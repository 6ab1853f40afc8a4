-- ===== src/Dbc/Big.antt =====
-- What `raw_big` reads, as the bits of one big-endian number.
use Prim.Native.Nat.{bit_or}
use go_mdf.Base.{
  ℕ, ◌+◌, ◌-◌, ◌*◌, ◌/◌, ◌%◌, ◌^◌, ◌≤◌, ◌<◌, ◌≡◌, sym, ap, ap₂, subst, ◌∙◌, none, some, [], ◌∷◌,
  ltb, leb, if◌then◌else◌, length, take, drop, All, ok, arith, length-take, inl, inr, Bool-cases,
  leb→le, leb→gt, ltb→lt, ltb→ge, le→leb, ge→ltb, gt→leb, take_all, All-take, All-drop, length-drop,
}
use go_mdf.Base.Powers.{
  pow-pos, field-mod_le, mod-mod-pow_le, div-div-pow, mod-pow-add, div-mod-pow, mod_fits,
}
use native.Mathlib.Nat.{
  mul-div_cancel, pow-suc, mod-lt, div-le_self, lt_of_le_of_lt, lt_of_lt_of_le, pow-le-pow_right,
}
use go_mdf.Base.Uint64.{shl, shr, push_byte_lem, or-shl, shl_lem}
use go_mdf.Base.Words.{
  Bytes, IsByte, be_value, slice_from, index, be_value-drop, index_be, be_value-take,
  be_value-lt_pow,
}
use go_mdf.Dbc.Decode.{Signal, be_word_loop, be_word, big_field, raw_big}
use go_mdf.Dbc.Little.{and-mask}

be_word_loop_lem :
    (v : ℕ) (bs : Bytes)
    → All IsByte bs
    → be_word_loop (v % 2 ^ 64) bs ≡ (v * 256 ^ length bs + be_value bs) % 2 ^ 64
unfolding be_word_loop be_value
be_word_loop_lem v [] h = omega arith
be_word_loop_lem v (b ∷ bs) (h, hs) =
    ap (λ t. be_word_loop t bs) (push_byte_lem v b h)
    ∙ be_word_loop_lem (v * 256 + b) bs hs
    ∙ ap (λ t. t % 2 ^ 64) (omega (arith, ap (λ (t : ℕ). v * t) (pow-suc 256 (length bs))))

loop_value : (bs : Bytes) → All IsByte bs → length bs ≤ 8 → be_word_loop 0 bs ≡ be_value bs
loop_value bs h short =
    be_word_loop_lem 0 bs h ∙ ap (λ t. t % 2 ^ 64) (omega arith) ∙ mod_fits (be_value bs) 64 bound
  where
    bound : be_value bs < 2 ^ 64
    bound =
        lt_of_lt_of_le (be_value-lt_pow bs h)
          (pow-le-pow_right {n = 2} (omega arith) {j = 64} (omega arith))

-- With eight bytes at least `beWord` is the first eight; a shorter slice is padded with zeros.
be_word_long :
    (p : Bytes) → All IsByte p → 8 ≤ length p → be_word p ≡ be_value p / 2 ^ (8 * (length p - 8))
unfolding be_word
be_word_long p h long =
    ap (λ n. be_word_loop 0 (take 8 p) * 2 ^ (8 * (8 - n)) % 2 ^ 64) eight
    ∙ ap (λ v. v * 1 % 2 ^ 64)
        (loop_value (take 8 p) (All-take IsByte 8 p h) (omega (arith, length-take 8 p)))
    ∙ omega (arith, top)
    ∙ be_value-take p 8 long h
  where
    eight : (if ltb 8 (length p) then 8 else length p) ≡ 8
    eight = ground arith

    cut : length (take 8 p) ≡ 8
    cut = omega (arith, length-take 8 p)

    top : be_value (take 8 p) < 2 ^ 64
    top =
        subst (λ t. be_value (take 8 p) < 2 ^ (8 * t)) cut
          (be_value-lt_pow (take 8 p) (All-take IsByte 8 p h))

be_word_short :
    (p : Bytes) → All IsByte p → length p < 8 → be_word p ≡ be_value p * 2 ^ (8 * (8 - length p))
unfolding be_word
be_word_short p h short =
    ap₂ (λ v n. v * 2 ^ (8 * (8 - n)) % 2 ^ 64) value all
    ∙ shl_lem (be_value p) (8 * (8 - length p)) (8 * length p) (omega arith)
    ∙ ap (λ t. t * 2 ^ (8 * (8 - length p)))
        (mod_fits (be_value p) (8 * length p) (be_value-lt_pow p h))
  where
    all : (if ltb 8 (length p) then 8 else length p) ≡ length p
    all = ground arith

    value : be_word_loop 0 (take 8 p) ≡ be_value p
    value = ap (be_word_loop 0) (take_all 8 p (omega arith)) ∙ loop_value p h (omega arith)

be_word-lt : (p : Bytes) → be_word p < 2 ^ 64
unfolding be_word
be_word-lt p = omega arith

-- The eight high bytes and the bits of the ninth, `s` of them.
module _ (u s : ℕ) (hs : s ≤ 8) where
  ninth_low : u % 2 ^ 8 / 2 ^ (8 - s) ≡ u / 2 ^ (8 - s) % 2 ^ s
  ninth_low =
      let e : 8 ≡ (8 - s) + s = omega arith in
      ap (λ t. u % 2 ^ t / 2 ^ (8 - s)) e ∙ div-mod-pow u (8 - s) s

  ninth_fits : u % 2 ^ 8 / 2 ^ (8 - s) < 2 ^ s
  ninth_fits = rw ninth_low (mod-lt (u / 2 ^ (8 - s)) (pow-pos s))

  upper : u / 2 ^ (8 - s) / 2 ^ s ≡ u / 2 ^ 8
  upper = let e : (8 - s) + s ≡ 8 = omega arith in div-div-pow u (8 - s) s ∙ ap (λ t. u / 2 ^ t) e

  split : u / 2 ^ (8 - s) % 2 ^ 64 ≡ 2 ^ s * (u / 2 ^ 8 % 2 ^ (64 - s)) + u % 2 ^ 8 / 2 ^ (8 - s)
  split =
      let e : 64 ≡ s + (64 - s) = omega arith in
      ap (λ t. u / 2 ^ (8 - s) % 2 ^ t) e
      ∙ mod-pow-add (u / 2 ^ (8 - s)) s (64 - s)
      ∙ ap₂ (λ a b. 2 ^ s * (a % 2 ^ (64 - s)) + b) upper (sym ninth_low)

  nine_bytes : bit_or (shl (u / 2 ^ 8) s) (shr (u % 2 ^ 8) (8 - s)) ≡ u / 2 ^ (8 - s) % 2 ^ 64
  nine_bytes =
      or-shl (u / 2 ^ 8) s (64 - s) (u % 2 ^ 8 / 2 ^ (8 - s)) (omega arith) ninth_fits
      ∙ omega (arith, split)

module _ (p : Bytes) (hp : All IsByte p) (fb o len : ℕ) (ho : o < 8) (hl : len ≤ 64) where
  module _ (fits : fb + (o + len + 7) / 8 ≤ length p) where
    n_eq : length (drop fb p) ≡ length p - fb
    n_eq = length-drop fb p

    -- The number of bits below the field.
    abbrev below : ℕ
    below = 8 * (length p - fb) - o - len

    hq : All IsByte (drop fb p)
    hq = All-drop IsByte fb p hp

    -- A slice of fewer than eight bytes is padded, so the shift goes past the padding first.
    narrow_field :
        o + len ≤ 64 → shr (be_word (drop fb p)) (64 - o - len) ≡ be_value (drop fb p) / 2 ^ below
    narrow_field h = elim (Bool-cases (ltb (length (drop fb p)) 8)) [
      | inl short ↦ rw (be_word_short (drop fb p) hq (ltb→lt _ _ short)) (
          ap (λ t. be_value (drop fb p) * 2 ^ (8 * (8 - length (drop fb p))) / 2 ^ t)
            (omega (arith, n_eq, ltb→lt _ _ short))
          ∙ sym (div-div-pow _ (8 * (8 - length (drop fb p))) below)
          ∙ ap (λ t. t / 2 ^ below)
              (mul-div_cancel (be_value (drop fb p)) (pow-pos (8 * (8 - length (drop fb p))))))
      | inr long ↦ rw (be_word_long (drop fb p) hq (ltb→ge _ _ long)) (
          div-div-pow (be_value (drop fb p)) (8 * (length (drop fb p) - 8)) (64 - o - len)
          ∙ ap (λ t. be_value (drop fb p) / 2 ^ t) (omega (arith, n_eq, ltb→ge _ _ long)))
    ]

    ninth :
        64 < o + len
        → index p (fb + 8) ≡ ok (be_value (drop fb p) / 2 ^ (8 * (length p - fb - 9)) % 2 ^ 8)
    ninth h =
        let e : length p - 1 - (fb + 8) ≡ length p - fb - 9 = omega arith in
        index_be p (fb + 8) hp (omega arith)
        ∙ ap (λ t. ok (be_value p / 2 ^ (8 * t) % 2 ^ 8)) e
        ∙ ap ok (
            sym (
              field-mod_le (be_value p) (8 * (length p - fb - 9)) 8 (8 * (length p - fb))
                (omega arith)))
        ∙ ap (λ t. ok (t / 2 ^ (8 * (length p - fb - 9)) % 2 ^ 8))
            (sym (be_value-drop p fb (omega arith) hp))

    wide_field :
        64 < o + len
        → bit_or
            (shl (be_word (drop fb p)) (o + len - 64))
            (shr (be_value (drop fb p) / 2 ^ (8 * (length p - fb - 9)) % 2 ^ 8) (8 + 64 - o - len))
          ≡ be_value (drop fb p) / 2 ^ below % 2 ^ 64
    wide_field h =
        let y = be_value (drop fb p) in
        let k = 8 * (length p - fb - 9) in
        let s = o + len - 64 in
        let e1 : 8 * (length (drop fb p) - 8) ≡ k + 8 = omega (arith, n_eq) in
        let e2 : 8 + 64 - o - len ≡ 8 - s = omega arith in
        let e3 : k + (8 - s) ≡ below = omega arith in
        ap₂ (λ a b. bit_or (shl a s) (shr (y / 2 ^ k % 2 ^ 8) b))
          (be_word_long (drop fb p) hq (omega (arith, n_eq))
            ∙ ap (λ t. y / 2 ^ t) e1
            ∙ sym (div-div-pow y k 8))
          e2
        ∙ nine_bytes (y / 2 ^ k) s (omega arith)
        ∙ ap (λ t. t % 2 ^ 64) (div-div-pow y k (8 - s) ∙ ap (λ t. y / 2 ^ t) e3)

    narrow-lt : o + len ≤ 64 → be_value (drop fb p) / 2 ^ below < 2 ^ 64
    narrow-lt h =
        subst (λ t. t < 2 ^ 64) (narrow_field h)
          (lt_of_le_of_lt (div-le_self (be_word (drop fb p)) (2 ^ (64 - o - len)))
            (be_word-lt (drop fb p)))

    -- What the slice does not hold lies above the field.
    in_whole : be_value (drop fb p) / 2 ^ below % 2 ^ len ≡ be_value p / 2 ^ below % 2 ^ len
    in_whole =
        ap (λ t. t / 2 ^ below % 2 ^ len) (be_value-drop p fb (omega arith) hp)
        ∙ field-mod_le (be_value p) below len (8 * (length p - fb)) (omega arith)

    pub big_field_lem :
        big_field p fb o len ≡ ok (be_value p / 2 ^ (8 * (length p - fb) - o - len) % 2 ^ len)
    unfolding big_field slice_from
    big_field_lem = rw (ge→ltb (length p) fb (omega arith)) (elim (Bool-cases (leb (o + len) 64)) [
      | inl narrow ↦
          rw (narrow, narrow_field (leb→le _ _ narrow))
            (ap ok (and-mask _ len (narrow-lt (leb→le _ _ narrow)) hl ∙ in_whole))
      | inr wide ↦
          rw (wide, ninth (leb→gt _ _ wide), wide_field (leb→gt _ _ wide))
            (ap ok (and-mask _ len (omega arith) hl ∙ mod-mod-pow_le _ len 64 hl ∙ in_whole))
    ])

module _ (s : Signal) (p : Bytes) (hp : All IsByte p) (hi : s.len ≤ 64) where
  -- The position of the most significant bit, counted from the first bit of the payload.
  abbrev msb : ℕ
  msb = 8 * (s.start_bit / 8) + (7 - s.start_bit % 8)

  -- The field's bits go down from `msb` in the big-endian number that the whole payload is; there
  -- is no value exactly if they are not all in the payload.
  pub raw_big_lem :
      1 ≤ s.len
      → raw_big s p ≡ (
          if leb (msb + s.len) (8 * length p)
          then ok (some (be_value p / 2 ^ (8 * length p - msb - s.len) % 2 ^ s.len))
          else ok none)
  unfolding raw_big
  raw_big_lem lo = elim (Bool-cases (ltb (length p) (msb / 8 + (msb % 8 + s.len + 7) / 8))) [
    | inl short ↦ rw (short, gt→leb (msb + s.len) (8 * length p) (omega (arith, ltb→lt _ _ short)))
    | inr fits ↦
        rw
          (
            fits,
            le→leb (msb + s.len) (8 * length p) (omega (arith, ltb→ge _ _ fits)),
            big_field_lem p hp (msb / 8) (msb % 8) s.len (omega arith) hi
                (omega (arith, ltb→ge _ _ fits)),
          )
          (ap (λ t. ok (some (be_value p / 2 ^ t % 2 ^ s.len))) (omega (arith, ltb→ge _ _ fits)))
  ]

============

THE TASK: Go through the data and show every line where "Base" occurs.

TASK SOLUTION:
use go_mdf.Base.{
use go_mdf.Base.Powers.{
use go_mdf.Base.Uint64.{shl, shr, push_byte_lem, or-shl, shl_lem}
use go_mdf.Base.Words.{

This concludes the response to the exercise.